Tally the lines below containing the word "follows" and give that total alone.

(Collected data entries)
____________

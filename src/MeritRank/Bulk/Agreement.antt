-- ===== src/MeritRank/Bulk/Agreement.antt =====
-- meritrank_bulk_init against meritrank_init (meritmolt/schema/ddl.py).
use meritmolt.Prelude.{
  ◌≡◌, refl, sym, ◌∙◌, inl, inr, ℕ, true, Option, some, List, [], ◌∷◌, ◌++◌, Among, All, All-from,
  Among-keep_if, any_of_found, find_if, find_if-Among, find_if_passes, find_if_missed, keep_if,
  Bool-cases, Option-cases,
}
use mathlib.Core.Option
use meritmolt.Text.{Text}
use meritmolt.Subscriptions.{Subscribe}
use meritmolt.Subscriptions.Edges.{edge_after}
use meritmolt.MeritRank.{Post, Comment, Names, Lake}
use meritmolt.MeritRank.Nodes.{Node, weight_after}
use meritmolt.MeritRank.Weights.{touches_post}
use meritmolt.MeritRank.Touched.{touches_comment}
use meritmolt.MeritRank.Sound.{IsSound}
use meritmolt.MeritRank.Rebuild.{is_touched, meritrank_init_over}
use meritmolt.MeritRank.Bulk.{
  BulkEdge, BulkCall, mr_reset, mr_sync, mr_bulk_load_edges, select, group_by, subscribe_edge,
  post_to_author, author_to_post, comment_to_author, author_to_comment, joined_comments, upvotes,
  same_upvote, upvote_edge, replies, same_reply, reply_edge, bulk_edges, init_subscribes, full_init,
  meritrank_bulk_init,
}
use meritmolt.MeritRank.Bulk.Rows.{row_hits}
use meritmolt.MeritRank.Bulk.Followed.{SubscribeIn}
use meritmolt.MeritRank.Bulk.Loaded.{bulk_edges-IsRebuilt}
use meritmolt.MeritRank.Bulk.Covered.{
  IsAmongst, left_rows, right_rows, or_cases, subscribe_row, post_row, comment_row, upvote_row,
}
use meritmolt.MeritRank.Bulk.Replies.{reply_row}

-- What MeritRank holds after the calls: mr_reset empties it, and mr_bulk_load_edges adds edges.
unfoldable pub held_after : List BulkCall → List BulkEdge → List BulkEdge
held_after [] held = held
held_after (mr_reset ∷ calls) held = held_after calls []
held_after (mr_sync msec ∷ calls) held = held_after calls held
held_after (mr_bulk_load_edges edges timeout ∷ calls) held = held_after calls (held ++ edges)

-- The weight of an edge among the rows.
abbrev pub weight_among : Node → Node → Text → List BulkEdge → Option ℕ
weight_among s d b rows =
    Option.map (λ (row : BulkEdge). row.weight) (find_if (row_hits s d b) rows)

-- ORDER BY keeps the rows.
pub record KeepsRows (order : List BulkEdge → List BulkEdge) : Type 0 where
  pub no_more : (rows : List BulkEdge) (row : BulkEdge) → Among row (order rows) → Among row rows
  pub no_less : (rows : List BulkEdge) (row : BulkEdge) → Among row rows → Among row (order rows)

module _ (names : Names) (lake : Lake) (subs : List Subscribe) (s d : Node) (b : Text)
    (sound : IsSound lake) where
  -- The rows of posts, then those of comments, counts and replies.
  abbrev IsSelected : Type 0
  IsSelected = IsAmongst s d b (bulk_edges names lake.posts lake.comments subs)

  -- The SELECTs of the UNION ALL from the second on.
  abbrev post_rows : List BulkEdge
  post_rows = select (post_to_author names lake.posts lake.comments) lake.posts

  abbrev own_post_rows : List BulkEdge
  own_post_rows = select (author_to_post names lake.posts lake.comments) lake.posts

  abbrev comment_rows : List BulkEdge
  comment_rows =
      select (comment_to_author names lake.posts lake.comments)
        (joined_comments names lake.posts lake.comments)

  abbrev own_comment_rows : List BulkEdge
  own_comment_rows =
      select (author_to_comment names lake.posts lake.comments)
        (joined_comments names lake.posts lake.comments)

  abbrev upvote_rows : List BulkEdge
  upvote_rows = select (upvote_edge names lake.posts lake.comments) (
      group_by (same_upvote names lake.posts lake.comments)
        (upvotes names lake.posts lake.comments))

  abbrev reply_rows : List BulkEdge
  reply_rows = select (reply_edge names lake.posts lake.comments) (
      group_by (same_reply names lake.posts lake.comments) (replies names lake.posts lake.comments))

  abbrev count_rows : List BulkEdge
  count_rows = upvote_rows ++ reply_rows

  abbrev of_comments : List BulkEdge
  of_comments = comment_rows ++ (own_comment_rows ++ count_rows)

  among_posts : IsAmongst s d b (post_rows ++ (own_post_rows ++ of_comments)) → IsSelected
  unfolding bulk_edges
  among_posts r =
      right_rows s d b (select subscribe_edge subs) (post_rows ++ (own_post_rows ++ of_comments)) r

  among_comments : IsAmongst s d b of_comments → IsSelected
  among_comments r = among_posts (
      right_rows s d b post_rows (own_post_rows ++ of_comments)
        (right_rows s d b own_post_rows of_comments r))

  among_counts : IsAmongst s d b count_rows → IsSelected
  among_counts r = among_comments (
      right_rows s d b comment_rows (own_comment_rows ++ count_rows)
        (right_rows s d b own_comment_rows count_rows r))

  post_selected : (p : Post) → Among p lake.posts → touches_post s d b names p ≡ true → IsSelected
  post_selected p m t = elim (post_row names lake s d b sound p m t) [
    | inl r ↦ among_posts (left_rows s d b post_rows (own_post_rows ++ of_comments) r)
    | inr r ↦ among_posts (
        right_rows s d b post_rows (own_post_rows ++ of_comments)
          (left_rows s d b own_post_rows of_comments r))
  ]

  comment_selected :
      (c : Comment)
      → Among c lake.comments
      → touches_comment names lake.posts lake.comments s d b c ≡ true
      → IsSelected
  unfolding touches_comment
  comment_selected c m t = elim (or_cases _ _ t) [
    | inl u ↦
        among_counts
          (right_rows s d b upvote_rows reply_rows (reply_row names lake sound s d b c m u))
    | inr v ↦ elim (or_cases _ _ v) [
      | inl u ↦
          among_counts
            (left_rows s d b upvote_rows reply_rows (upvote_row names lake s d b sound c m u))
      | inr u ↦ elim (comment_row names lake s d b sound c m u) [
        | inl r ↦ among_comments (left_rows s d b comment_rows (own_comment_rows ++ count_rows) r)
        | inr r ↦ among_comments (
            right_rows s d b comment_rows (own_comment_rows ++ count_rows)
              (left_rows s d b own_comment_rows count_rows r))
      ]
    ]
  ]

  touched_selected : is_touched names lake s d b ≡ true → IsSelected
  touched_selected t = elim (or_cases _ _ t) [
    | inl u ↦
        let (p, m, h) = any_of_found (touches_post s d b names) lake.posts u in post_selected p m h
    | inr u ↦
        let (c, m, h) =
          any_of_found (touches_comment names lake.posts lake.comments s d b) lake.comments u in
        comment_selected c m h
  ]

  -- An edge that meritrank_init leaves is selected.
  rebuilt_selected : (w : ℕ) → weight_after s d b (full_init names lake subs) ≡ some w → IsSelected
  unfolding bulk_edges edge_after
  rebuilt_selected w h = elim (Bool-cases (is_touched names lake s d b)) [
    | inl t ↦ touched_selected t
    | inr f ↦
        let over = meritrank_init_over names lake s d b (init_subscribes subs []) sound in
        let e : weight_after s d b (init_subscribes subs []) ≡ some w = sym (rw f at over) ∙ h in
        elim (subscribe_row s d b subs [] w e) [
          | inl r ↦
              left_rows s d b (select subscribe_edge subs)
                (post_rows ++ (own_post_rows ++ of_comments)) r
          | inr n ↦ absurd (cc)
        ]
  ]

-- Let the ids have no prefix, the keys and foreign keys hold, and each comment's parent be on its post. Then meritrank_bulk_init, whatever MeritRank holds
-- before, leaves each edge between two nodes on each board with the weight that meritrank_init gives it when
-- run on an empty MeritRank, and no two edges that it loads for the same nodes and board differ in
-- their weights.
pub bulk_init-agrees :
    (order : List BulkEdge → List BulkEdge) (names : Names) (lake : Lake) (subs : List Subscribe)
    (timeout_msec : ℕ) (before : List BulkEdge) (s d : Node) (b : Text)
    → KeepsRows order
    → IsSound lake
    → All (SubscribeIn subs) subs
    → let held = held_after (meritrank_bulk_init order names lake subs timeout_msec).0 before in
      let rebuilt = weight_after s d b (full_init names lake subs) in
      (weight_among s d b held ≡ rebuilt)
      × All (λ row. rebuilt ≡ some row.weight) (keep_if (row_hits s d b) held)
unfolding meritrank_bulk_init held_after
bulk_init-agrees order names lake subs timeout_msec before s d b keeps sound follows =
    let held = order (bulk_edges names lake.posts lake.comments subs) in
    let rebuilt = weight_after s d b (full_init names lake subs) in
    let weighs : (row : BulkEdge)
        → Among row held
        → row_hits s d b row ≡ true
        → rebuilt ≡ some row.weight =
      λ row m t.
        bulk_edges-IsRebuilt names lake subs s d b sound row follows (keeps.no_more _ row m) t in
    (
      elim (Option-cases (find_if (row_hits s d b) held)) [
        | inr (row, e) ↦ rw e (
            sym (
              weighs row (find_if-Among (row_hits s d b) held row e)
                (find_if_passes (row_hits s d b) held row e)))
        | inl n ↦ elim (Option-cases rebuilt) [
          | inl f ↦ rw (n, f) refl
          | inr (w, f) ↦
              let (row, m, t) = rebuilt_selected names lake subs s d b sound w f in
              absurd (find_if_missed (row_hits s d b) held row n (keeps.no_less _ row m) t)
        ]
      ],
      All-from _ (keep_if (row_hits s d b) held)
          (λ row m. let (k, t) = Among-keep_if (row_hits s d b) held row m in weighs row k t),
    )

____________

# ANSWER AREA
2